**WHAT IS NEEDED:** For each line in the data below that has the word "cases", copy that line.

**PROVIDED RECORDS:**
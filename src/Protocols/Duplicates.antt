-- ===== src/Protocols/Duplicates.antt =====
-- Duplicates, and the database beside the memory, in jarvis/protocols/registry.py.
use jarvis_server.Prelude.{
  String, ◌≡◌, refl, sym, ap, ◌∙◌, Bool, true, false, not, ◌||◌, Option, none, some, List, [], ◌∷◌,
  str_eq, str_eq_iff, any, contains, if◌then◌else◌, is_some, Bool-cases, Option-cases, inl, inr,
  arith,
}
use jarvis_server.Prelude.Dict.{Dict, get, put, remove, keys, get-put, get-remove, contains-keys}
use jarvis_server.Protocols.{Protocol}
use jarvis_server.Protocols.Registry.{
  ProtocolRegistry, Registration, registered, duplicate_name, duplicate_triggers, passes_at,
  some_with, same_name, same_triggers, is_duplicate, save_row, save_rows, save, drop_duplicate,
  duplicate_id, add_protocol, replace, register,
}

abbrev is_registered : Registration → Bool
is_registered (registered id replaced) = true
is_registered duplicate_name = false
is_registered duplicate_triggers = false

any-or :
    (f g : Protocol → Bool) (ks : List String) (d : Dict Protocol)
    → any (λ k. passes_at (λ q. f q || g q) (get k d)) ks
      ≡ (any (λ k. passes_at f (get k d)) ks || any (λ k. passes_at g (get k d)) ks)
any-or f g [] d = refl
any-or f g (k ∷ ks) d = elim (Option-cases (get k d)) [
  | inl e ↦ rw e (any-or f g ks d)
  | inr (p, e) ↦ rw e (ground (arith, any-or f g ks d))
]

-- The row of an optional protocol.
abbrev row_at : {Row : Type 0} → (Protocol → Row) → Option Protocol → Option Row
row_at row_of none = none
row_at row_of (some p) = some (row_of p)

-- Every protocol stands under its own id.
abbrev id_at : String → Option Protocol → String
id_at k none = k
id_at k (some p) = p.id

abbrev IsKeyed : Dict Protocol → Type 0
IsKeyed d = (k : String) → id_at k (get k d) ≡ k

-- The database has the rows of the protocols in memory and no other.
abbrev Mirrors : {Row : Type 0} → (Protocol → Row) → ProtocolRegistry Row → Type 0
Mirrors row_of s = (k : String) → get k s.rows ≡ row_at row_of (get k s.protocols)

module _ (folded : String → String) {Row : Type 0} (row_of : Protocol → Row) where
  -- Without replacement, a protocol is registered exactly if `is_duplicate` denies that there is one
  -- with its name or its trigger phrases, both up to case, outer space and order.
  register-is_duplicate :
      (p : Protocol) (s : ProtocolRegistry Row)
      → is_registered (register folded row_of p false s).0 ≡ not (is_duplicate folded p s)
  unfolding register replace is_duplicate
  register-is_duplicate p s =
      rw (any-or (same_name folded p) (same_triggers folded p) (keys s.protocols) s.protocols)
        (elim (Bool-cases (some_with (same_name folded p) s.protocols)) [
          | inl e ↦ rw e refl
          | inr e ↦ elim (Bool-cases (some_with (same_triggers folded p) s.protocols)) [
            | inl t ↦ rw e (rw t refl)
            | inr t ↦ rw e (rw t refl)
          ]
        ])

  put-IsKeyed : (p : Protocol) (d : Dict Protocol) → IsKeyed d → IsKeyed (put p.id p d)
  put-IsKeyed p d h k = rw (get-put p.id k p d) (elim (Bool-cases (str_eq p.id k)) [
    | inl b ↦ rw b ((str_eq_iff p.id k).0 b)
    | inr b ↦ rw b (h k)
  ])

  remove-IsKeyed : (id : String) (d : Dict Protocol) → IsKeyed d → IsKeyed (remove id d)
  remove-IsKeyed id d h k =
      rw (get-remove id k d)
        (elim (Bool-cases (str_eq id k)) [ inl b ↦ rw b refl | inr b ↦ rw b (h k) ])

  -- What `save` leaves at a key of the rows.
  abbrev over : Option Row → Option Row → Option Row
  over none r = r
  over (some x) r = some x

  over_twice : (x r : Option Row) → over x (over x r) ≡ over x r
  over_twice none r = refl
  over_twice (some x) r = refl

  -- The two writes to one key, by whether the key is written first and again later.
  saved_at :
      (b c : Bool) (x y r : Option Row)
      → (b ≡ true → y ≡ x)
      → (if c then over x (if b then over y r else r) else (if b then over y r else r))
        ≡ (if b || c then over x r else r)
  saved_at true true x y r e = rw (e refl) (over_twice x r)
  saved_at true false x y r e = rw (e refl) refl
  saved_at false true x y r e = refl
  saved_at false false x y r e = refl

  get-save_row :
      (j k : String) (d : Dict Protocol) (rows : Dict Row)
      → IsKeyed d
      → get k (save_row folded row_of (get j d) rows)
        ≡ (if str_eq j k then over (row_at row_of (get j d)) (get k rows) else get k rows)
  get-save_row j k d rows h = elim (Option-cases (get j d)) [
    | inl e ↦ rw e (ground arith)
    | inr (p, e) ↦ rw e (
        get-put p.id k (row_of p) rows
        ∙ ap (λ i. if str_eq i k then some (row_of p) else get k rows) (ap (id_at j) (sym e) ∙ h j))
  ]

  get-save_rows :
      (ks : List String) (k : String) (d : Dict Protocol) (rows : Dict Row)
      → IsKeyed d
      → get k (save_rows folded row_of ks d rows)
        ≡ (if contains k ks then over (row_at row_of (get k d)) (get k rows) else get k rows)
  unfolding save_rows
  get-save_rows [] k d rows h = refl
  get-save_rows (j ∷ ks) k d rows h =
      get-save_rows ks k d (save_row folded row_of (get j d) rows) h
      ∙ rw (get-save_row j k d rows h) (
          saved_at (str_eq j k) (contains k ks) (row_at row_of (get k d)) (row_at row_of (get j d))
            (get k rows) λ b. ap (λ i. row_at row_of (get i d)) ((str_eq_iff j k).0 b))

  -- After a write of `p` and a save, the rows mirror the protocols, if they did before.
  mirrored_at :
      (b : Bool) (p : Protocol) (x : Option Protocol) (r : Option Row)
      → r ≡ row_at row_of x
      → (if is_some (if b then some p else x)
          then over (row_at row_of (if b then some p else x)) r
          else r)
        ≡ row_at row_of (if b then some p else x)
  mirrored_at true p x r e = refl
  mirrored_at false p none r e = e
  mirrored_at false p (some q) r e = refl

  add-Mirrors :
      (p : Protocol) (s : ProtocolRegistry Row)
      → IsKeyed s.protocols
      → Mirrors row_of s
      → Mirrors row_of (save folded row_of (add_protocol folded row_of p s))
  unfolding save
  add-Mirrors p s h m k =
      get-save_rows (keys (put p.id p s.protocols)) k (put p.id p s.protocols) s.rows
        (put-IsKeyed p s.protocols h)
      ∙ rw (contains-keys k (put p.id p s.protocols)) (
          rw (get-put p.id k p s.protocols)
            (mirrored_at (str_eq p.id k) p (get k s.protocols) (get k s.rows) (m k)))

  drop-Mirrors :
      (id : Option String) (s : ProtocolRegistry Row)
      → Mirrors row_of s
      → Mirrors row_of (drop_duplicate folded row_of id s)
  unfolding drop_duplicate
  drop-Mirrors none s m k = m k
  drop-Mirrors (some id) s m k = rw (get-remove id k s.rows) (
      rw (get-remove id k s.protocols)
        (elim (Bool-cases (str_eq id k)) [ inl b ↦ rw b refl | inr b ↦ rw b (m k) ]))

  drop-IsKeyed :
      (id : Option String) (s : ProtocolRegistry Row)
      → IsKeyed s.protocols
      → IsKeyed (drop_duplicate folded row_of id s).protocols
  unfolding drop_duplicate
  drop-IsKeyed none s h = h
  drop-IsKeyed (some id) s h = remove-IsKeyed id s.protocols h

  abbrev pub IsStored : ProtocolRegistry Row → Type 0
  IsStored s = IsKeyed s.protocols × Mirrors row_of s

  replace-IsStored :
      (p : Protocol) (id : Option String) (s : ProtocolRegistry Row)
      → IsStored s
      → IsStored (replace folded row_of p id s).1
  unfolding replace save
  replace-IsStored p id s (h, m) = (
    put-IsKeyed p (drop_duplicate folded row_of id s).protocols (drop-IsKeyed id s h),
    add-Mirrors p (drop_duplicate folded row_of id s) (drop-IsKeyed id s h) (drop-Mirrors id s m),
  )

  -- Registering keeps memory and database in step, with or without replacement and whatever it
  -- answers: every protocol stands under its id, and the database has the rows of the protocols in
  -- memory and no other.
  pub register-IsStored :
      (p : Protocol) (replace_duplicates : Bool) (s : ProtocolRegistry Row)
      → IsStored s
      → IsStored (register folded row_of p replace_duplicates s).1
  unfolding register
  register-IsStored p true s h = replace-IsStored p (duplicate_id folded p s.protocols) s h
  register-IsStored p false s h = elim (Bool-cases (some_with (same_name folded p) s.protocols)) [
    | inl e ↦ rw e h
    | inr e ↦ elim (Bool-cases (some_with (same_triggers folded p) s.protocols)) [
      | inl t ↦ rw e (rw t h)
      | inr t ↦ rw e (rw t (replace-IsStored p none s h))
    ]
  ]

**EXERCISE ANSWER:**
  str_eq, str_eq_iff, any, contains, if◌then◌else◌, is_some, Bool-cases, Option-cases, inl, inr,
any-or f g (k ∷ ks) d = elim (Option-cases (get k d)) [
        (elim (Bool-cases (some_with (same_name folded p) s.protocols)) [
          | inr e ↦ elim (Bool-cases (some_with (same_triggers folded p) s.protocols)) [
  put-IsKeyed p d h k = rw (get-put p.id k p d) (elim (Bool-cases (str_eq p.id k)) [
        (elim (Bool-cases (str_eq id k)) [ inl b ↦ rw b refl | inr b ↦ rw b (h k) ])
  get-save_row j k d rows h = elim (Option-cases (get j d)) [
        (elim (Bool-cases (str_eq id k)) [ inl b ↦ rw b refl | inr b ↦ rw b (m k) ]))
  register-IsStored p false s h = elim (Bool-cases (some_with (same_name folded p) s.protocols)) [
    | inr e ↦ elim (Bool-cases (some_with (same_triggers folded p) s.protocols)) [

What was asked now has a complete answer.